October 16, 2013
Energy Fuels Inc. (TSX:EFR) (the “Company”) is pleased to announce that it has closed the previously announced bought deal offering (the “Offering”) of 31,250,000 common shares (the “Common Shares”) at a price of $0.16 per Common Share for aggregate gross proceeds of $5,000,000. The Offering was conducted by way of a short form prospectus dated October 9, 2013 through a syndicate of underwriters led by Dundee Securities Ltd., Cantor Fitzgerald Canada Corporation, and Haywood Securities Inc. (the “Underwriters”). The Underwriters have been granted an option to purchase up to an additional 15% of the Offering, exercisable in whole or in part at any time up to 30 days after the closing date. In addition, 1,548,125 compensation warrants were issued to the Underwriters pursuant to the Offering.
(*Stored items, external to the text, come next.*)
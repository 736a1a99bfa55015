-- ===== src/Handlers/SetLaws.antt =====
-- What the handler of `SetTargetConsistencyStates` guarantees
-- (mgmtd/src/bee_msg/set_target_consistency_states.rs).
use beegfs_rust.Prelude.{ltb, if◌then◌else◌}
use beegfs_rust.Types.{NodeTypeServer}
use beegfs_rust.Message.TargetStates.{SetTargetConsistencyStates}
use beegfs_rust.Db.Tables.{Target}
use beegfs_rust.Db.Target.{update_last_update}
use beegfs_rust.Db.Target.Consistency.{changed}
use beegfs_rust.Handlers.{Tables, App}
use beegfs_rust.Handlers.ConsistencyStates.{zip}

-- A target after the message: in contact if it asks for that, and then in its new state.
abbrev pub after_set : App → NodeTypeServer → SetTargetConsistencyStates → Target → Target
after_set app ty msg t =
    changed ty (zip msg.target_ids msg.states)
      (if ltb 0 msg.set_online then update_last_update app.now ty msg.target_ids t else t)
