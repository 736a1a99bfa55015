-- ===== src/Message.antt =====
-- Messages (shared/src/bee_msg.rs and shared/src/bee_msg): the frame of header and body, and the message
-- types by the files that define them.
pub mod Fields
pub mod Framing
pub mod FramingLaws
pub mod TargetStates
pub mod Targets
pub mod BuddyGroups
pub mod Resync
pub mod Quota
pub mod Misc
pub mod Nics
pub mod Nodes
pub mod Registry
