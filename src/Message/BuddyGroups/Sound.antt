-- ===== src/Message/BuddyGroups/Sound.antt =====
-- Messages on buddy groups (shared/src/bee_msg/buddy_group.rs) come back if their fields
-- are in the range of their types.
use beegfs_rust.Prelude.{◌^◌, ◌<◌, true, length}
use beegfs_rust.Types.{node_type, target_consistency_state, target_reachability_state}
use beegfs_rust.Types.Laws.{
  node_type-IsWireEnum, target_consistency_state-IsWireEnum, target_reachability_state-IsWireEnum,
}
use beegfs_rust.Serde.Format.Sound.{
  Sound, Sound-uint, Sound-cstr, Sound-int, UintsFit, Sound-uints, MapFits, Sound-map,
}
use beegfs_rust.Serde.RoundTrip.{RoundTrips-bind, RoundTrips-done}
use beegfs_rust.Message.BuddyGroups.{
  GetMirrorBuddyGroups, get_mirror_buddy_groups, GetMirrorBuddyGroupsResp,
  get_mirror_buddy_groups_resp, CombinedTargetState, combined_target_state, BuddyGroup, buddy_group,
  GetStatesAndBuddyGroups, get_states_and_buddy_groups, GetStatesAndBuddyGroupsResp,
  get_states_and_buddy_groups_resp, RemoveBuddyGroup, remove_buddy_group, RemoveBuddyGroupResp,
  remove_buddy_group_resp, SetMetadataMirroring, set_metadata_mirroring, SetMetadataMirroringResp,
  set_metadata_mirroring_resp, SetMirrorBuddyGroup, set_mirror_buddy_group,
}

abbrev pub GetMirrorBuddyGroupsFits : GetMirrorBuddyGroups → Type 0
GetMirrorBuddyGroupsFits m = Unit {0}

pub get_mirror_buddy_groups-Sound :
    (m : GetMirrorBuddyGroups) → GetMirrorBuddyGroupsFits m → Sound get_mirror_buddy_groups.format m
unfolding get_mirror_buddy_groups
get_mirror_buddy_groups-Sound m h =
    RoundTrips-bind _ (Sound-int 3 node_type node_type-IsWireEnum m.node_type) (RoundTrips-done m)

pub record GetMirrorBuddyGroupsRespFits (m : GetMirrorBuddyGroupsResp) : Type 0 where
  pub buddy_groups : UintsFit 2 m.buddy_groups
  pub primary_targets : UintsFit 2 m.primary_targets
  pub secondary_targets : UintsFit 2 m.secondary_targets

pub get_mirror_buddy_groups_resp-Sound :
    (m : GetMirrorBuddyGroupsResp)
    → GetMirrorBuddyGroupsRespFits m
    → Sound get_mirror_buddy_groups_resp.format m
unfolding get_mirror_buddy_groups_resp
get_mirror_buddy_groups_resp-Sound m h =
    RoundTrips-bind _ (Sound-uints true 2 m.buddy_groups h.buddy_groups) (
      RoundTrips-bind _ (Sound-uints true 2 m.primary_targets h.primary_targets) (
        RoundTrips-bind _ (Sound-uints true 2 m.secondary_targets h.secondary_targets)
          (RoundTrips-done m)))

abbrev pub CombinedTargetStateFits : CombinedTargetState → Type 0
CombinedTargetStateFits m = Unit {0}

pub combined_target_state-Sound :
    (m : CombinedTargetState) → CombinedTargetStateFits m → Sound combined_target_state m
unfolding combined_target_state
combined_target_state-Sound m h =
    RoundTrips-bind _
      (Sound-int 0 target_reachability_state target_reachability_state-IsWireEnum m.reachability)
      (RoundTrips-bind _
        (Sound-int 0 target_consistency_state target_consistency_state-IsWireEnum m.consistency)
        (RoundTrips-done m))

pub record BuddyGroupFits (m : BuddyGroup) : Type 0 where
  pub primary_target_id : m.primary_target_id < 2 ^ 16
  pub secondary_target_id : m.secondary_target_id < 2 ^ 16

pub buddy_group-Sound : (m : BuddyGroup) → BuddyGroupFits m → Sound buddy_group m
unfolding buddy_group
buddy_group-Sound m h = RoundTrips-bind _ (Sound-uint 2 m.primary_target_id h.primary_target_id) (
    RoundTrips-bind _ (Sound-uint 2 m.secondary_target_id h.secondary_target_id)
      (RoundTrips-done m))

pub record GetStatesAndBuddyGroupsFits (m : GetStatesAndBuddyGroups) : Type 0 where
  pub requested_by_client_id : m.requested_by_client_id < 2 ^ 32

pub get_states_and_buddy_groups-Sound :
    (m : GetStatesAndBuddyGroups)
    → GetStatesAndBuddyGroupsFits m
    → Sound get_states_and_buddy_groups.format m
unfolding get_states_and_buddy_groups
get_states_and_buddy_groups-Sound m h =
    RoundTrips-bind _ (Sound-int 3 node_type node_type-IsWireEnum m.node_type) (
      RoundTrips-bind _ (Sound-uint 4 m.requested_by_client_id h.requested_by_client_id)
        (RoundTrips-done m))

pub record GetStatesAndBuddyGroupsRespFits (m : GetStatesAndBuddyGroupsResp) : Type 0 where
  pub groups : MapFits 2 BuddyGroupFits m.groups
  pub states : MapFits 2 CombinedTargetStateFits m.states

pub get_states_and_buddy_groups_resp-Sound :
    (m : GetStatesAndBuddyGroupsResp)
    → GetStatesAndBuddyGroupsRespFits m
    → Sound get_states_and_buddy_groups_resp.format m
unfolding get_states_and_buddy_groups_resp
get_states_and_buddy_groups_resp-Sound m h =
    RoundTrips-bind _ (Sound-map 2 buddy_group BuddyGroupFits buddy_group-Sound m.groups h.groups) (
      RoundTrips-bind _
        (Sound-map 2 combined_target_state CombinedTargetStateFits combined_target_state-Sound
          m.states h.states)
        (RoundTrips-done m))

pub record RemoveBuddyGroupFits (m : RemoveBuddyGroup) : Type 0 where
  pub group_id : m.group_id < 2 ^ 16
  pub check_only : m.check_only < 2 ^ 8
  pub force : m.force < 2 ^ 8

pub remove_buddy_group-Sound :
    (m : RemoveBuddyGroup) → RemoveBuddyGroupFits m → Sound remove_buddy_group.format m
unfolding remove_buddy_group
remove_buddy_group-Sound m h =
    RoundTrips-bind _ (Sound-int 3 node_type node_type-IsWireEnum m.node_type) (
      RoundTrips-bind _ (Sound-uint 2 m.group_id h.group_id) (
        RoundTrips-bind _ (Sound-uint 1 m.check_only h.check_only)
          (RoundTrips-bind _ (Sound-uint 1 m.force h.force) (RoundTrips-done m))))

pub record RemoveBuddyGroupRespFits (m : RemoveBuddyGroupResp) : Type 0 where
  pub result : m.result < 2 ^ 32

pub remove_buddy_group_resp-Sound :
    (m : RemoveBuddyGroupResp) → RemoveBuddyGroupRespFits m → Sound remove_buddy_group_resp.format m
unfolding remove_buddy_group_resp
remove_buddy_group_resp-Sound m h =
    RoundTrips-bind _ (Sound-uint 4 m.result h.result) (RoundTrips-done m)

abbrev pub SetMetadataMirroringFits : SetMetadataMirroring → Type 0
SetMetadataMirroringFits m = Unit {0}

pub set_metadata_mirroring-Sound :
    (m : SetMetadataMirroring) → SetMetadataMirroringFits m → Sound set_metadata_mirroring.format m
unfolding set_metadata_mirroring
set_metadata_mirroring-Sound SetMetadataMirroring.set_metadata_mirroring_empty h =
    RoundTrips-done SetMetadataMirroring.set_metadata_mirroring_empty

pub record SetMetadataMirroringRespFits (m : SetMetadataMirroringResp) : Type 0 where
  pub result : m.result < 2 ^ 32

pub set_metadata_mirroring_resp-Sound :
    (m : SetMetadataMirroringResp)
    → SetMetadataMirroringRespFits m
    → Sound set_metadata_mirroring_resp.format m
unfolding set_metadata_mirroring_resp
set_metadata_mirroring_resp-Sound m h =
    RoundTrips-bind _ (Sound-uint 4 m.result h.result) (RoundTrips-done m)

pub record SetMirrorBuddyGroupFits (m : SetMirrorBuddyGroup) : Type 0 where
  pub primary_target_id : m.primary_target_id < 2 ^ 16
  pub secondary_target_id : m.secondary_target_id < 2 ^ 16
  pub group_id : m.group_id < 2 ^ 16
  pub allow_update : m.allow_update < 2 ^ 8
  pub ack_id : length m.ack_id < 2 ^ 32

pub set_mirror_buddy_group-Sound :
    (m : SetMirrorBuddyGroup) → SetMirrorBuddyGroupFits m → Sound set_mirror_buddy_group.format m
unfolding set_mirror_buddy_group
set_mirror_buddy_group-Sound m h =
    RoundTrips-bind _ (Sound-int 3 node_type node_type-IsWireEnum m.node_type) (
      RoundTrips-bind _ (Sound-uint 2 m.primary_target_id h.primary_target_id) (
        RoundTrips-bind _ (Sound-uint 2 m.secondary_target_id h.secondary_target_id) (
          RoundTrips-bind _ (Sound-uint 2 m.group_id h.group_id) (
            RoundTrips-bind _ (Sound-uint 1 m.allow_update h.allow_update)
              (RoundTrips-bind _ (Sound-cstr 0 m.ack_id h.ack_id) (RoundTrips-done m))))))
The Company intends to use the net proceeds of the Offering for continued exploration and development of the Company’s Roca Honda, Sheep Mountain, Gas Hills, Juniper Ridge and Canyon Mine mineral properties, the identification and evaluation of future potential mineral property acquisitions and for working capital and general corporate purposes.
About Energy Fuels
Energy Fuels is America’s largest conventional uranium producer, supplying approximately 25% of the uranium produced in the U.S. The Company is also a significant producer of vanadium. Energy Fuels operates the White Mesa Mill, which is the only conventional uranium mill currently operating in the U.S. The mill is capable of processing 2,000 tons per day of uranium ore. Energy Fuels has projects located throughout the Western U.S., including producing mines and mineral properties in various stages of permitting and development. The Company’s common shares are listed on the Toronto Stock Exchange under the trading symbol “EFR”.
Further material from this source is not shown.